▶ _Work to complete_: Repeat the whole listing below with nothing added or dropped.
##### Dataset extract
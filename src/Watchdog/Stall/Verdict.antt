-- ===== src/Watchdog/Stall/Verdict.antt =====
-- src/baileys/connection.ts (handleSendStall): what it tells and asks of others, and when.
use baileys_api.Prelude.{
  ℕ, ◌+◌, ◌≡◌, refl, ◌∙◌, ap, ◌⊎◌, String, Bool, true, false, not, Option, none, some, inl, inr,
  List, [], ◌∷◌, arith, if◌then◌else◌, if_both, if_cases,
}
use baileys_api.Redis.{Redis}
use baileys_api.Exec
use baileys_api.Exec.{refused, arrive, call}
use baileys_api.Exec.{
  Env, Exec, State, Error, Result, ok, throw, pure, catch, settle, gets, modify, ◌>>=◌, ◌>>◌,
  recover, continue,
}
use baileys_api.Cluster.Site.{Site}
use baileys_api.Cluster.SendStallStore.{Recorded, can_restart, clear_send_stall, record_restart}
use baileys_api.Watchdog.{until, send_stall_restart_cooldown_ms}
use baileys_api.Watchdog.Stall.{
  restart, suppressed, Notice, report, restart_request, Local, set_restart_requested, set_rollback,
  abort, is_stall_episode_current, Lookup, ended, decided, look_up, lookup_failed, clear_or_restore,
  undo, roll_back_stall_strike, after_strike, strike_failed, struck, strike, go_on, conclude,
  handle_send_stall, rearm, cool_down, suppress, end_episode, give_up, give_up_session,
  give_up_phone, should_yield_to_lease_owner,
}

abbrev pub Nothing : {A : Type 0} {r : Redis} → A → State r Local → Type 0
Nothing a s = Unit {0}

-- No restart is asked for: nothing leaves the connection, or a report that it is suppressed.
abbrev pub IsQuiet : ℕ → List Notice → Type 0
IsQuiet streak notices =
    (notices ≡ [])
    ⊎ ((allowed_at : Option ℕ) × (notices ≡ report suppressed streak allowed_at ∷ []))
##########
▶ _Written answer_:
filename src/Watchdog/Stall/Verdict.antt
-- ===== src/Watchdog/Stall/Verdict.antt =====
-- src/baileys/connection.ts (handleSendStall): what it tells and asks of others, and when.
use baileys_api.Prelude.{
  ℕ, ◌+◌, ◌≡◌, refl, ◌∙◌, ap, ◌⊎◌, String, Bool, true, false, not, Option, none, some, inl, inr,
  List, [], ◌∷◌, arith, if◌then◌else◌, if_both, if_cases,
}
use baileys_api.Redis.{Redis}
use baileys_api.Exec
use baileys_api.Exec.{refused, arrive, call}
use baileys_api.Exec.{
  Env, Exec, State, Error, Result, ok, throw, pure, catch, settle, gets, modify, ◌>>=◌, ◌>>◌,
  recover, continue,
}
use baileys_api.Cluster.Site.{Site}
use baileys_api.Cluster.SendStallStore.{Recorded, can_restart, clear_send_stall, record_restart}
use baileys_api.Watchdog.{until, send_stall_restart_cooldown_ms}
use baileys_api.Watchdog.Stall.{
  restart, suppressed, Notice, report, restart_request, Local, set_restart_requested, set_rollback,
  abort, is_stall_episode_current, Lookup, ended, decided, look_up, lookup_failed, clear_or_restore,
  undo, roll_back_stall_strike, after_strike, strike_failed, struck, strike, go_on, conclude,
  handle_send_stall, rearm, cool_down, suppress, end_episode, give_up, give_up_session,
  give_up_phone, should_yield_to_lease_owner,
}

abbrev pub Nothing : {A : Type 0} {r : Redis} → A → State r Local → Type 0
Nothing a s = Unit {0}

-- No restart is asked for: nothing leaves the connection, or a report that it is suppressed.
abbrev pub IsQuiet : ℕ → List Notice → Type 0
IsQuiet streak notices =
    (notices ≡ [])
    ⊎ ((allowed_at : Option ℕ) × (notices ≡ report suppressed streak allowed_at ∷ []))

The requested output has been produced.